The Right To Refuse Unsafe Work Is More Important Than Ever
Above photo: Demonstrators hold signs during a strike outside of Allan Brothers Fruit in Naches, Wash. on May 18, 2020. Located in Yakima County, the company’s fruit packing employees were protesting working conditions during the COVID-19 pandemic. David Ryder/Zuma Press/TNS // The Iola Register (Kansas).
But expect a fight.
Workers asked to work in situations that present a danger to their health and safety have rights, and they should not be afraid to assert them.
The COVID-19 pandemic is taking a heavy toll on workers. Reports of job hazards grow increasingly dire as several governors and President Trump push past CDC guidelines to “reopen” the economy while forecasts predict soaring infections and deaths.
Some states at the direction of the Labor Department threaten termination of unemployment benefits for workers fearing return to dangerous jobs. A disturbing June 5 New York Times’ report reveals how far those machinations have gone. The result: workers fired without pay or benefits or trapped in a deadly vice between poverty and disease.
In short, the news is terrifying – and rightly so. But it often misses essential information about rights workers have to save their own lives. First and foremost is the right to refuse unsafe work free of employer retaliation.
Whatever government says now, the Supreme Court affirmed that right in 1980, relying on regulations promulgated by the Occupational Safety and Health Administration, which publishes information online. An excerpt:
Your right to refuse to do a task is protected if all of the following conditions are met:
- Where possible, you have asked the employer to eliminate the danger, and the employer failed to do so; and
- You refused to work in “good faith.” This means that you must genuinely believe that an imminent danger exists; and
- A reasonable person would agree that there is a real danger of death or serious injury; and
- There isn’t enough time, due to the urgency of the hazard, to get it corrected through regular enforcement channels, such as requesting an OSHA inspection
This is no walk in the park. It affords an alternative to the “starve at home or die from work” choice confronting so many workers, but there are exceptions – and the path to safety can be rocky.
Although OSHA sets and enforces safety standards for most workplaces, budget and staffing cuts have impeded its ability to respond. Worse, the agency’s initial COVID-19 policy limits intervention to health care providers or worksites where people have already died.
“That’s one of the reasons why we’re seeing catastrophic results in meatpacking plants, at Amazon warehouses, in transit systems, in other workplaces,” former deputy Labor Department secretary Seth Harris said on MSNBC Live. “The cop is not on the beat.”
Ironically, these harsh realities reinforce workers’ “right to refuse.” In a blistering April 7 article for Politico, former OSHA administrator David Michaels said the agency “is suffering from malign neglect” under Trump, sparking worker job actions and strikes “to force their employers into providing even basic protections.”
Collective action is bolstered further by workers’ right to “concerted activities for…mutual aid or protection” under the National Labor Relations Act, which governs most private sector employment. Even the Trump-dominated Labor Board agrees that “participating in a concerted refusal to work in unsafe conditions” is protected.
But what about pay? Workers whose employers don’t offer safe job assignments should be eligible for unemployment insurance, according to the National Employment Law Project, which is pressing the Labor Department to enforce and publicly clarify rules.
UI applies in “situations where there has been an intervening change in the conditions of work, which the employee objects to,” NELP says.
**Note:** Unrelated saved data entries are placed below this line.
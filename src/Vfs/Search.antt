-- ===== src/Vfs/Search.antt =====
-- How `vfs_seek` of vfs.c goes through the children of a node.
use smpl_osv.Base.{
  ℕ, ◌≡◌, refl, sym, ◌∙◌, ◌≢◌, true, false, some, List, [], ◌∷◌, ◌++◌, All, Bool-cases, inl, inr,
  some_inj,
}
use smpl_osv.Libc.{string_eq}
use smpl_osv.Vfs.{Node, Vfs, Types, seek_among}
use smpl_osv.Vfs.Tree.{Allocated, IsVfs}

-- One step of the search.
pub among_hit :
    (w : List ℕ) (fs : Vfs) (c : ℕ) (cs : List ℕ) (n : Node)
    → fs.nodes c ≡ some n
    → string_eq w n.name ≡ true
    → seek_among w (c ∷ cs) fs ≡ some c
unfolding seek_among
among_hit w fs c cs n is h = rw (is, h) refl

pub among_miss :
    (w : List ℕ) (fs : Vfs) (c : ℕ) (cs : List ℕ) (n : Node)
    → fs.nodes c ≡ some n
    → string_eq w n.name ≡ false
    → seek_among w (c ∷ cs) fs ≡ seek_among w cs fs
unfolding seek_among
among_miss w fs c cs n is h = rw (is, h) refl

module _ (ts : Types) (w : List ℕ) (fs : Vfs) (v : IsVfs ts fs) (ds : List ℕ) where
  pub among-append_found :
      (cs : List ℕ) (r : ℕ)
      → All (Allocated fs) cs
      → seek_among w cs fs ≡ some r
      → r ≢ 0
      → seek_among w (cs ++ ds) fs ≡ some r
  unfolding seek_among
  among-append_found [] r all e nz = absurd (nz (sym (some_inj _ _ e)))
  among-append_found (c ∷ cs) r (first, rest) e nz =
      let (n, (is, _, _)) = v.node c first in
      elim (Bool-cases (string_eq w n.name)) [
        | inl h ↦ among_hit w fs c (cs ++ ds) n is h ∙ sym (among_hit w fs c cs n is h) ∙ e
        | inr h ↦
            among_miss w fs c (cs ++ ds) n is h
            ∙ among-append_found cs r rest (sym (among_miss w fs c cs n is h) ∙ e) nz
      ]

  pub among-append_missing :
      (cs : List ℕ)
      → All (Allocated fs) cs
      → seek_among w cs fs ≡ some 0
      → seek_among w (cs ++ ds) fs ≡ seek_among w ds fs
  among-append_missing [] all e = refl
  among-append_missing (c ∷ cs) (first, rest) e =
      let (n, (is, _, _)) = v.node c first in
      elim (Bool-cases (string_eq w n.name)) [
        | inl h ↦ absurd (first.0 (some_inj _ _ (sym (among_hit w fs c cs n is h) ∙ e)))
        | inr h ↦
            among_miss w fs c (cs ++ ds) n is h
            ∙ among-append_missing cs rest (sym (among_miss w fs c cs n is h) ∙ e)
      ]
Workers getting new pandemic employment assistance shouldn’t have to return to jobs that “present any unusual risk to the health, safety, or morals of the individual.” NELP advocates CDC guidelines as a “baseline” to determine workplace safety.
Contracting COVID-19 on the job may be covered by state workers’ compensation laws that generally require employer-provided insurance for disability pay and health care and also prohibit retaliation for pursuing or getting these benefits.
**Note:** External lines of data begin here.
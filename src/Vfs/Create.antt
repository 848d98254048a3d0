-- ===== src/Vfs/Create.antt =====
-- What `vfs_create` of vfs.c makes of a tree of nodes.
pub mod Words
pub mod Path
use smpl_osv.Base.{
  ℕ, zero, suc, ◌+◌, ◌≤◌, ◌<◌, ◌≡◌, refl, sym, ap, ◌∙◌, ◌≢◌, arith, Bool, true, false, Option, none,
  some, List, [], ◌∷◌, ◌++◌, All, All-append, ◌==◌, ==_refl, ==_ne, ==_iff, Bool-cases, inl, inr,
  if◌then◌else◌, some_inj,
}
use mathlib.Core.Path.{subst}
use smpl_osv.Libc.{◌>>=◌, string_eq}
use smpl_osv.Vfs.{
  Node, Vfs, FsType, Types, put, vfs_seek, seek_among, vfs_add_child, vfs_create_node, vfs_create,
  vfs_type,
}
use smpl_osv.Vfs.Search.{among_hit, among_miss, among-append_found, among-append_missing}
use smpl_osv.Vfs.Tree.{Allocated, IsNode, IsChild, IsVfs, Extends}
use smpl_osv.Libc.Scan.{string_eq_refl}

-- The node that `vfs_create` adds.
abbrev pub new_node : List ℕ → ℕ → ℕ → Node
new_node name parent type = record {
  name = name;
  fs_type = type;
  inode = 0;
  device = 0;
  childs = [];
  parent = parent;
}

-- The file system after `vfs_create`, where `n` is the parent.
abbrev pub created : List ℕ → ℕ → Node → Vfs → Vfs
created name parent n fs = put fs.next (new_node name parent fs.vfs_typeid) (
    put parent (record n { childs = n.childs ++ fs.next ∷ [] })
      (put fs.next (new_node name 0 fs.vfs_typeid) (record fs { next = suc fs.next })))

pub vfs_create-run :
    (name : List ℕ) (parent : ℕ) (n : Node) (fs : Vfs)
    → Allocated fs parent
    → fs.nodes parent ≡ some n
    → vfs_create name parent fs ≡ some (fs.next, created name parent n fs)
unfolding vfs_create vfs_create_node vfs_add_child
vfs_create-run name parent n fs (nz, lt) e =
    let other : (parent == fs.next) ≡ false = ==_ne _ _ (λ h. absurd (omega arith)) in
    let other' : (fs.next == parent) ≡ false = ==_ne _ _ (λ h. absurd (omega arith)) in
    rw (==_ne parent 0 nz, other, e, other', ==_refl fs.next) refl

module _ (ts : Types) (name : List ℕ) (parent : ℕ) (n : Node) (fs : Vfs) where
  module _ (v : IsVfs ts fs) (al : Allocated fs parent) (is : IsNode fs parent n) where
    abbrev after : Vfs
    after = created name parent n fs

    -- The parent keeps its name and gets one more child.
    at_parent : after.nodes parent ≡ some (record n { childs = n.childs ++ fs.next ∷ [] })
    at_parent =
        let other : (parent == fs.next) ≡ false = ==_ne _ _ (λ h. absurd (omega arith)) in
        rw (other, ==_refl parent) refl

    at_other : (p : ℕ) → p < fs.next → p ≢ parent → after.nodes p ≡ fs.nodes p
    at_other p lt ne =
        let other : (p == fs.next) ≡ false = ==_ne _ _ (λ h. absurd (omega arith)) in
        rw (other, ==_ne p parent ne) refl

    -- Every node keeps its name and its type.
    kept :
        (p : ℕ) (m : Node)
        → p < fs.next
        → fs.nodes p ≡ some m
        → (m' : Node) × (after.nodes p ≡ some m')
          × (m'.name ≡ m.name)
          × (m'.fs_type ≡ m.fs_type)
          × (m'.parent ≡ m.parent)
    kept p m lt e = elim (Bool-cases (p == parent)) [
      | inl h ↦
          let same = (==_iff p parent).0 h in
          let node = some_inj n m (sym is.0 ∙ ap (λ q. fs.nodes q) (sym same) ∙ e) in
          (
            record n { childs = n.childs ++ fs.next ∷ [] },
            ap (λ q. after.nodes q) same ∙ at_parent,
            ap (λ (k : Node). k.name) node,
            ap (λ (k : Node). k.fs_type) node,
            ap (λ (k : Node). k.parent) node,
          )
      | inr h ↦ (m, at_other p lt (λ z. absurd (ground arith)) ∙ e, refl, refl, refl)
    ]

    among_after :
        (w : List ℕ) (cs : List ℕ)
        → All (Allocated fs) cs
        → seek_among w cs after ≡ seek_among w cs fs
    unfolding seek_among
    among_after w [] all = refl
    among_after w (c ∷ cs) (first, rest) =
        let (m, (im, _, _)) = v.node c first in
        let (m', im', same, _, _) = kept c m first.1 im in
        elim (Bool-cases (string_eq w m.name)) [
          | inl h ↦ among_hit w after c cs m' im' (rw same h) ∙ sym (among_hit w fs c cs m im h)
          | inr h ↦
              among_miss w after c cs m' im' (rw same h)
              ∙ among_after w cs rest
              ∙ sym (among_miss w fs c cs m im h)
        ]

    wider : (cs : List ℕ) → All (Allocated fs) cs → All (Allocated after) cs
    wider [] all = all
    wider (c ∷ cs) ((nz, lt), rest) = ((nz, omega arith), wider cs rest)

    created_node : (p : ℕ) → Allocated after p → (m : Node) × IsNode after p m
    created_node p (nz, lt) = elim (Bool-cases (p == fs.next)) [
      | inl h ↦ (new_node name parent fs.vfs_typeid, (rw h refl, refl, tt))
      | inr h ↦ elim (Bool-cases (p == parent)) [
        | inl g ↦
            let next : Allocated after fs.next =
              ((λ z. absurd (omega (arith, v.root.1))), omega arith) in
            (
              record n { childs = n.childs ++ fs.next ∷ [] },
              (
                rw (h, g) refl,
                is.1,
                All-append (Allocated after) n.childs (fs.next ∷ []) (wider n.childs is.2)
                    (next, tt),
              ),
            )
        | inr g ↦
            let (m, (im, it, ic)) = v.node p (nz, ground arith) in
            (m, (rw (h, g) im, it, wider m.childs ic))
      ]
    ]

    children_kept :
        (p : ℕ) (cs : List ℕ)
        → All (Allocated fs) cs
        → All (IsChild fs p) cs
        → All (IsChild after p) cs
    children_kept p [] all up = tt
    children_kept p (c ∷ cs) (al_, rest) ((m, im, up), ups) =
        let (m', im', _, _, same) = kept c m al_.1 im in
        ((m', im', same ∙ up), children_kept p cs rest ups)

    created_children :
        (p : ℕ) (m : Node)
        → Allocated after p
        → after.nodes p ≡ some m
        → All (IsChild after p) m.childs
    created_children p m (nz, lt) e = elim (Bool-cases (p == fs.next)) [
      | inl h ↦
          let same : new_node name parent fs.vfs_typeid ≡ m = some_inj _ _ (rw h at e) in
          subst (λ (k : Node). All (IsChild after p) k.childs) same tt
      | inr h ↦
          let old : p < fs.next = ground arith in
          elim (Bool-cases (p == parent)) [
            | inl g ↦
                let at = (==_iff p parent).0 g in
                let same : record n { childs = n.childs ++ fs.next ∷ [] } ≡ m =
                  some_inj _ _ (rw (h, g) at e) in
                let new : IsChild after p fs.next =
                  (new_node name parent fs.vfs_typeid, rw (==_refl fs.next) refl, sym at) in
                let before =
                  children_kept p n.childs is.2
                    (v.childs p n (nz, old) (ap (λ q. fs.nodes q) at ∙ is.0)) in
                subst (λ (k : Node). All (IsChild after p) k.childs) same
                  (All-append (IsChild after p) n.childs (fs.next ∷ []) before (new, tt))
            | inr g ↦
                let before : fs.nodes p ≡ some m = rw (h, g) at e in
                let (m', (im, it, ic)) = v.node p (nz, old) in
                let same : m' ≡ m = some_inj _ _ (sym im ∙ before) in
                children_kept p m.childs (subst (λ (k : Node). All (Allocated fs) k.childs) same ic)
                  (v.childs p m (nz, old) before)
          ]
    ]

    pub created-IsVfs : IsVfs ts after
    created-IsVfs = record {
      registered = v.registered;
      root = (v.root.0, omega (arith, v.root.1));
      node = created_node;
      childs = created_children;
    }

    seek_parent :
        (w : List ℕ) → vfs_seek w parent after ≡ seek_among w (n.childs ++ fs.next ∷ []) after
    unfolding vfs_seek
    seek_parent w = rw at_parent refl

    seek_before : (w : List ℕ) → vfs_seek w parent fs ≡ seek_among w n.childs fs
    unfolding vfs_seek
    seek_before w = rw is.0 refl

    seek_other :
        (w : List ℕ) (p : ℕ) (m : Node)
        → p < fs.next
        → p ≢ parent
        → IsNode fs p m
        → vfs_seek w p after ≡ vfs_seek w p fs
    unfolding vfs_seek
    seek_other w p m lt ne (im, it, ic) = rw (at_other p lt ne, im) (among_after w m.childs ic)

    pub created-Extends : Extends fs after
    created-Extends = record {
      same_root = refl;
      same_type = refl;
      more = omega arith;
      found = λ w p r ap_ e nz. elim (Bool-cases (p == parent)) [
        | inl h ↦
            let same = (==_iff p parent).0 h in
            let before = sym (seek_before w) ∙ ap (λ q. vfs_seek w q fs) (sym same) ∙ e in
            ap (λ q. vfs_seek w q after) same
            ∙ seek_parent w
            ∙ among-append_found ts w after created-IsVfs (fs.next ∷ []) n.childs r
                (wider n.childs is.2) (among_after w n.childs is.2 ∙ before) nz
        | inr h ↦
            let (m, im) = v.node p ap_ in seek_other w p m ap_.1 (λ z. absurd (ground arith)) im ∙ e
      ];
    }

    -- The new node is found where there was none by its name.
    pub seek-created : vfs_seek name parent fs ≡ some 0 → vfs_seek name parent after ≡ some fs.next
    seek-created e =
        let before = sym (seek_before name) ∙ e in
        seek_parent name
        ∙ among-append_missing ts name after created-IsVfs (fs.next ∷ []) n.childs
            (wider n.childs is.2) (among_after name n.childs is.2 ∙ before)
        ∙ among_hit name after fs.next [] (new_node name parent fs.vfs_typeid)
            (rw (==_refl fs.next) refl) (string_eq_refl name)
Proving work-related infection can be tricky (especially as Republicans deploy “blame the worker” talking points), but more states like Illinois and California make it easier to show a connection by presuming causation for some occupations.
The “no fault” nature of the insurance means there’s no right to sue the employer, but there are exceptions, including gross negligence for failing to provide a safe workplace. State workers’ comp laws vary. FindLaw summarizes them with links to agencies in charge.
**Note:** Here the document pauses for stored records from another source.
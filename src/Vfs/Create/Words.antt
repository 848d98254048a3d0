-- ===== src/Vfs/Create/Words.antt =====
-- The loops of `kseek` and `kcreate` of vfs.c on the words of a path.
use smpl_osv.Base.{
  ℕ, ◌≡◌, refl, sym, ap, ◌∙◌, ◌≢◌, arith, Option, some, List, [], ◌∷◌, ◌==◌, ==_ne, ==_iff,
  Bool-cases, inl, inr, if◌then◌else◌, some_inj,
}
use smpl_osv.Libc.{◌>>=◌}
use smpl_osv.Vfs.{
  Vfs, FsType, Types, vfs_seek, vfs_create, vfs_type, method, seek_words, create_words,
}
use smpl_osv.Vfs.Tree.{
  Allocated, IsVfs, Extends, Leads, seek-IsChild, Extends-refl, Extends-trans, seek_total,
}
use smpl_osv.Vfs.Create.{created, vfs_create-run, created-IsVfs, created-Extends, seek-created}

module _ (ts : Types) where
  pub method-IsVfs {ℓ} :
      {A : Type ℓ} (field : FsType → Option A) (f : A) (p : ℕ) (fs : Vfs)
      → IsVfs ts fs
      → Allocated fs p
      → field vfs_type ≡ some f
      → method field ts p fs ≡ some f
  unfolding method
  method-IsVfs field f p fs v al e =
      let (n, (is, it, _)) = v.node p al in rw (is, ◌>>=◌, it, v.registered, e) refl

  seek_step :
      (w : List ℕ) (ws : List (List ℕ)) (p r : ℕ) (fs : Vfs)
      → IsVfs ts fs
      → Allocated fs p
      → vfs_seek w p fs ≡ some r
      → seek_words ts (w ∷ ws) p fs ≡ (if r == 0 then some 0 else seek_words ts ws r fs)
  unfolding seek_words
  seek_step w ws p r fs v al e =
      let m = method-IsVfs (λ (t : FsType). t.seek) vfs_seek p fs v al refl in
      elim (Bool-cases (r == 0)) [
        | inl h ↦ rw (m, ◌>>=◌, e, h) refl
        | inr h ↦ rw (m, ◌>>=◌, e, h) refl
      ]

  seek_step_found :
      (w : List ℕ) (ws : List (List ℕ)) (p r : ℕ) (fs : Vfs)
      → IsVfs ts fs
      → Allocated fs p
      → vfs_seek w p fs ≡ some r
      → r ≢ 0
      → seek_words ts (w ∷ ws) p fs ≡ seek_words ts ws r fs
  seek_step_found w ws p r fs v al e nz = seek_step w ws p r fs v al e ∙ rw (==_ne r 0 nz) refl

  pub seek_words_total :
      (ws : List (List ℕ)) (p : ℕ) (fs : Vfs)
      → IsVfs ts fs
      → Allocated fs p
      → (r : ℕ) × (seek_words ts ws p fs ≡ some r) × (r ≢ 0 → Allocated fs r)
  unfolding seek_words
  seek_words_total [] p fs v al = (p, refl, λ nz. al)
  seek_words_total (w ∷ ws) p fs v al =
      let (r, run, ok) = seek_total ts fs w p v al in
      elim (Bool-cases (r == 0)) [
        | inl h ↦ (0, seek_step w ws p r fs v al run ∙ rw h refl, λ z. absurd (z refl))
        | inr h ↦
            let nz : r ≢ 0 = λ z. absurd (ground arith) in
            let (q, more, ok') = seek_words_total ws r fs v (ok nz) in
            (q, seek_step_found w ws p r fs v al run nz ∙ more, ok')
      ]

  -- What a path led to it leads to in a file system that extends the first.
  pub seek_words-Extends :
      (ws : List (List ℕ)) (p r : ℕ) (fs fs' : Vfs)
      → IsVfs ts fs
      → IsVfs ts fs'
      → Extends fs fs'
      → Allocated fs p
      → seek_words ts ws p fs ≡ some r
      → r ≢ 0
      → seek_words ts ws p fs' ≡ some r
  unfolding seek_words
  seek_words-Extends [] p r fs fs' v v' x al e nz = e
  seek_words-Extends (w ∷ ws) p r fs fs' v v' x al e nz =
      let (q, run, ok) = seek_total ts fs w p v al in
      let al' : Allocated fs' p = (al.0, omega (arith, x.more)) in
      elim (Bool-cases (q == 0)) [
        | inl h ↦
            let stop : seek_words ts (w ∷ ws) p fs ≡ some 0 =
              seek_step w ws p q fs v al run ∙ rw h refl in
            absurd (nz (some_inj _ _ (sym e ∙ stop)))
        | inr h ↦
            let nq : q ≢ 0 = λ z. absurd (ground arith) in
            seek_step_found w ws p q fs' v' al' (x.found w p q al run nq) nq
            ∙ seek_words-Extends ws q r fs fs' v v' x (ok nq)
                (sym (seek_step_found w ws p q fs v al run nq) ∙ e) nz
      ]

  create_step :
      (w : List ℕ) (ws : List (List ℕ)) (p r : ℕ) (fs : Vfs)
      → IsVfs ts fs
      → vfs_seek w p fs ≡ some r
      → r ≢ 0
      → create_words ts (w ∷ ws) p fs ≡ create_words ts ws r fs
  unfolding create_words
  create_step w ws p r fs v e nz = rw (v.registered, ◌>>=◌, e, ==_ne r 0 nz) refl

  create_step_missing :
      (w : List ℕ) (ws : List (List ℕ)) (p n : ℕ) (fs fs' : Vfs)
      → IsVfs ts fs
      → vfs_seek w p fs ≡ some 0
      → vfs_create w p fs ≡ some (n, fs')
      → create_words ts (w ∷ ws) p fs ≡ create_words ts ws n fs'
  unfolding create_words
  create_step_missing w ws p n fs fs' v e run = rw (v.registered, ◌>>=◌, e, run) refl

  -- What the loop of `kcreate` returns, with the tree it leaves.
  pub record Made (ws : List (List ℕ)) (p : ℕ) (fs : Vfs) : Type 0 where
    pub result : ℕ
    pub fs' : Vfs
    pub run : create_words ts ws p fs ≡ some (result, fs')
    pub valid : IsVfs ts fs'
    pub node : Allocated fs' result
    pub extends : Extends fs fs'
    pub sought : seek_words ts ws p fs' ≡ some result

  pub create_words_total :
      (ws : List (List ℕ)) (p : ℕ) (fs : Vfs) → IsVfs ts fs → Allocated fs p → Made ws p fs
  unfolding create_words seek_words
  create_words_total [] p fs v al = record {
    result = p;
    fs' = fs;
    run = refl;
    valid = v;
    node = al;
    extends = Extends-refl fs;
    sought = refl;
  }
  create_words_total (w ∷ ws) p fs v al =
      let (r, found, ok) = seek_total ts fs w p v al in
      elim (Bool-cases (r == 0)) [
        | inl h ↦
            let missing = found ∙ ap some ((==_iff r 0).0 h) in
            let (n, is) = v.node p al in
            let fs1 = created w p n fs in
            let v1 = created-IsVfs ts w p n fs v al is in
            let x1 = created-Extends ts w p n fs v al is in
            let new : Allocated fs1 fs.next =
              ((λ z. absurd (omega (arith, v.root.1))), omega arith) in
            let rest = create_words_total ws fs.next fs1 v1 new in
            let made = vfs_create-run w p n fs al is.0 in
            let al1 : Allocated fs1 p = (al.0, omega arith) in
            let al2 : Allocated rest.fs' p = (al.0, omega (arith, rest.extends.more)) in
            record {
              result = rest.result;
              fs' = rest.fs';
              run = create_step_missing w ws p fs.next fs fs1 v missing made ∙ rest.run;
              valid = rest.valid;
              node = rest.node;
              extends = Extends-trans fs fs1 rest.fs' x1 rest.extends;
              sought =
                  seek_step_found w ws p fs.next rest.fs' rest.valid al2
                    (rest.extends.found w p fs.next al1 (seek-created ts w p n fs v al is missing)
                      new.0)
                    new.0
                  ∙ rest.sought;
            }
        | inr h ↦
            let nz : r ≢ 0 = λ z. absurd (ground arith) in
            let rest = create_words_total ws r fs v (ok nz) in
            let al2 : Allocated rest.fs' p = (al.0, omega (arith, rest.extends.more)) in
            record {
              result = rest.result;
              fs' = rest.fs';
              run = create_step w ws p r fs v found nz ∙ rest.run;
              valid = rest.valid;
              node = rest.node;
              extends = rest.extends;
              sought =
                  seek_step_found w ws p r rest.fs' rest.valid al2
                    (rest.extends.found w p r al found nz) nz
                  ∙ rest.sought;
            }
      ]

-- A search that ends at a node has gone down along the names.
pub seek_words-Leads :
    (ts : Types) (ws : List (List ℕ)) (p r : ℕ) (fs : Vfs)
    → IsVfs ts fs
    → Allocated fs p
    → seek_words ts ws p fs ≡ some r
    → r ≢ 0
    → Leads fs p ws r
unfolding seek_words Leads
seek_words-Leads ts [] p r fs v al e nz = some_inj _ _ e
seek_words-Leads ts (w ∷ ws) p r fs v al e nz =
    let (q, run, ok) = seek_total ts fs w p v al in
    elim (Bool-cases (q == 0)) [
      | inl h ↦
          let stop : seek_words ts (w ∷ ws) p fs ≡ some 0 =
            seek_step ts w ws p q fs v al run ∙ rw h refl in
          absurd (nz (some_inj _ _ (sym e ∙ stop)))
      | inr h ↦
          let nq : q ≢ 0 = λ z. absurd (ground arith) in
          let (m, im, named, up) = seek-IsChild ts fs w p q v al run nq in
          let more = sym (seek_step_found ts w ws p q fs v al run nq) ∙ e in
          (q, m, im, named, up, seek_words-Leads ts ws q r fs v (ok nq) more nz)
    ]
As with almost every worker right, there are exclusions, caveats and case law that impact their interpretation and application. Advice: Get the facts, recruit co-workers if possible, expect a fight.
Employers could refuse to mitigate dangers, challenge claims or fire workers taking a stand, precipitating more battles over reinstatement and compensation. It’s wise to consult a labor lawyer. Union workers have additional representation, a collective bargaining agreement and referrals to other services.
There’s plenty more help from labor advocates. The AFL-CIO offers COVID-19 pandemic resources for workers, union and nonunion alike. The National Council of Occupational Safety and Health has guidance in English and Spanish.
Bottom line: This fight for survival – however long it lasts – is universal. No one has to go through it alone.
Kathy Wilkes – a longtime labor journalist and former union co-founder and officer – grants rights to reprint this article to pro-labor organizations. May 29, 2020. Updated June 7, 2020.